En parcourant les gags sur le porno clown et la chlamydia, les commentaires et le Making Of de 80 minutes sur ce disque bien rempli montrent à quel point il a fallu de l'amour pour gifler le mercenaire de Marvel à l'écran – le montage sexuel à lui seul a été perfectionné sur 76 réécritures. En enregistrant son morceau bavard avec les écrivains Rhett Reese et Paul Wernick, Ryan Reynolds propose de faire plaisir à ses scribes pour leur travail.



Quant au commentaire du réalisateur Tim Miller et du co-créateur de personnages Rob Liefeld, vous pouvez presque entendre le réalisateur rougir de l'enthousiasme de Liefeld pour le film.

Deadpool joue peut-être le goofball, mais il faut de l'engagement pour concocter une adaptation de bande dessinée aussi unique en ces temps de super-héros. Bien sûr, Deadpool n'est pas entièrement original dans ses parties. Les Gardiens de la Galaxie ont accumulé de la pop et du snark. Kick-As a juré une tempête ; Guerre civile fait un signe de tête à L'Empire contre-attaque ; et Batman V Superman est allé grand sur honorer le bâillon de bouton noble (je plaisante).

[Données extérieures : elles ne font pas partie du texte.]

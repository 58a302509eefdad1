-- ===== src/Reboot/Decide/Drain.antt =====
-- CheckDrainCompletion against a description by filters.
use cke.Prelude.{
  ◌+◌, ◌*◌, String, ◌≡◌, Bool, true, false, not, ◌&&◌, List, [], ◌∷◌, Option, some, ltb, keep_if,
  arith, Option-cases, inl, inr,
}
use cke.Cluster.{Cluster, Time, second}
use cke.Reboot.{RebootQueueEntry, draining, status_eq, cluster_member}
use cke.Reboot.Decide.{check_drain_completion, reboot_eviction_timeout_seconds}

abbrev free : Option Bool → Bool
free (some false) = true
free _ = false

module _ (pods_deleted : String → Bool) (volumes_in_use : String → Option Bool) (c : Cluster)
    (now : Time) where
  abbrev drains : RebootQueueEntry → Bool
  drains e = cluster_member c e && status_eq e.status draining

  abbrev pub is_empty : RebootQueueEntry → Bool
  is_empty e = pods_deleted e.node && free (volumes_in_use e.node)

  abbrev pub is_late : RebootQueueEntry → Bool
  is_late e = ltb (e.last_transition_time + reboot_eviction_timeout_seconds c * second) now

  -- Where no error is returned, the completed entries are the draining ones of cluster members
  -- whose node has no Pod left and no volume in use, and the timed out entries are the other
  -- draining ones of cluster members whose drain began longer ago than the eviction timeout.
  pub check_drain_completion_lem :
      (entries : List RebootQueueEntry) {completed timedout : List RebootQueueEntry}
      → check_drain_completion pods_deleted volumes_in_use c now entries
        ≡ some (completed, timedout)
      → (completed ≡ keep_if (λ e. drains e && is_empty e) entries)
        × (timedout ≡ keep_if (λ e. drains e && (not (is_empty e) && is_late e)) entries)
  unfolding check_drain_completion
  check_drain_completion_lem [] h = ground arith
  check_drain_completion_lem (e ∷ es) {completed} {timedout} h =
      elim (Option-cases (check_drain_completion pods_deleted volumes_in_use c now es)) [
        | inl failed ↦ ground arith
        | inr (lists, rest) ↦
            ground (arith, check_drain_completion_lem es {completed = lists.0} {timedout = lists.1})
      ]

Mais peu de films ont combiné tout ce qui précède pour un effet aussi vivifiant et bancable, et c'est avant d'ajouter les autres facteurs qui rendent Deadpool unique. Construisant un véhicule star / personnage scabreux et étrangement romantique à partir d'une ligne jetable dans une bande dessinée (Wade Wilson a été comparé à Reynolds croisé avec un Shar Pei dans une bande de 2004), Deadpool émerge de la nécessité de réparer le traitement bâclé d'un film précédent, plus un fuite de bobine de test, campagnes de fans, réalisateur non testé, fidélité à une source comique délicate et éclaboussures. Tenez compte de la cote R et il est clair que, mis à part des lacunes mineures, Deadpool a pris des risques gagnants pour bien faire avec une bande dessinée qui a toujours fait faillite (l'écrivain Joe Kelly a pensé qu'elle pourrait être annulée à tout moment de toute façon).

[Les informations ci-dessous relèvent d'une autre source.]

-- ===== src/Reboot/Decide/Queue.antt =====
-- What GetRebootQueueStatus hands to the decisions.
use cke.Prelude.{
  true, ◌&&◌, keep_if, All-mem, mem-keep_if, Memᴰ, ◌≢◌, [], ◌∷◌, refl, All, false, eq_iff, String,
  ◌≡◌, Bool, not, List, Option, some, Option-cases, inl, inr, arith,
}
use cke.Cluster.{Cluster, Time}
use cke.Reboot.Decide.Drain.{check_drain_completion_lem}
use cke.Reboot.{draining, status_eq, RebootQueueEntry, dedup_reboot_queue_entries}
use cke.Reboot.Decide.{
  find_processing, reboot_processing, RebootQueueStatus, get_reboot_queue_status,
  check_drain_completion, choose_reboot_candidates,
}

pub status_candidates :
    (c : Cluster) (api_servers pods_deleted : String → Bool) (volumes_in_use : String → Option Bool)
    (reboot_completed : RebootQueueEntry → Bool) (now : Time) (disabled : Bool)
    (stored : List RebootQueueEntry) (status : RebootQueueStatus)
    → get_reboot_queue_status c api_servers pods_deleted volumes_in_use reboot_completed now
        disabled stored
      ≡ some status
    → (status.enabled ≡ not disabled)
      × (status.next_candidates
          ≡ choose_reboot_candidates c api_servers now (dedup_reboot_queue_entries stored))
unfolding get_reboot_queue_status
status_candidates c api_servers pods_deleted volumes_in_use reboot_completed now disabled stored
      status h =
    let entries = dedup_reboot_queue_entries stored in
    elim (Option-cases (check_drain_completion pods_deleted volumes_in_use c now entries)) [
      | inl failed ↦ (ground arith, ground arith)
      | inr (lists, checked) ↦ (ground arith, ground arith)
    ]

find_unlisted :
    (name : String) (es : List RebootQueueEntry)
    → All (λ (e : RebootQueueEntry). e.node ≢ name) es
    → find_processing name es ≡ false
unfolding find_processing
find_unlisted name [] h = refl
find_unlisted name (e ∷ es) h = ground (arith, find_unlisted name es h.1, eq_iff e.node name)

pub reboot_processing_unlisted :
    (q : RebootQueueStatus) (name : String)
    → All (λ (e : RebootQueueEntry). e.node ≢ name) q.entries
    → reboot_processing q name ≡ false
unfolding reboot_processing
reboot_processing_unlisted q name h = ground (arith, find_unlisted name q.entries h)

filtered_draining :
    (p q : RebootQueueEntry → Bool) (es : List RebootQueueEntry)
    → All
        (λ e. Memᴰ e es × (status_eq e.status draining ≡ true))
        (keep_if (λ e. (p e && status_eq e.status draining) && q e) es)
filtered_draining p q es = All-mem _ _ (λ e m.
    let (i, t) = mem-keep_if (λ e. (p e && status_eq e.status draining) && q e) es m in
    (i, ground arith))

pub status_drains :
    (c : Cluster) (api_servers pods_deleted : String → Bool) (volumes_in_use : String → Option Bool)
    (reboot_completed : RebootQueueEntry → Bool) (now : Time) (disabled : Bool)
    (stored : List RebootQueueEntry) (status : RebootQueueStatus)
    → get_reboot_queue_status c api_servers pods_deleted volumes_in_use reboot_completed now
        disabled stored
      ≡ some status
    → All
        (λ e. Memᴰ e (dedup_reboot_queue_entries stored) × (status_eq e.status draining ≡ true))
        status.drain_completed
      × All
          (λ e. Memᴰ e (dedup_reboot_queue_entries stored) × (status_eq e.status draining ≡ true))
          status.drain_timedout
unfolding get_reboot_queue_status
status_drains c api_servers pods_deleted volumes_in_use reboot_completed now disabled stored status
      h =
    let entries = dedup_reboot_queue_entries stored in
    elim (Option-cases (check_drain_completion pods_deleted volumes_in_use c now entries)) [
      | inl failed ↦ absurd (ground arith)
      | inr (lists, checked) ↦
          let (completed, timedout) =
            check_drain_completion_lem pods_deleted volumes_in_use c now entries checked in
          let done : status.drain_completed ≡ lists.0 = ground arith in
          let late : status.drain_timedout ≡ lists.1 = ground arith in
          (
            rw (done, completed) (filtered_draining _ _ entries),
            rw (late, timedout) (filtered_draining _ _ entries),
          )
    ]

Les risques se payent en plaisirs inattendus. Reese et Wernick ('The Real Heroes Here' crient les titres sans plus de méta) capturent l'esprit téméraire de la bande dessinée avec le pétillement zinger de leur script Zombieland sans négliger d'ajouter des personnages auxquels vous vous sentez vraiment chaud. Les plaisanteries volent plus vite que les balles dans Main Street lors de la première secousse de l'autoroute. Quand l'air s'éclaircit, on passe du temps à nous faire aimer le mercenaire de Reynolds, un travail fait sans compromettre les gags proches de l'os sur les histoires partagées d'abus entre Wilson et son amante Vanessa (Morena Baccarin).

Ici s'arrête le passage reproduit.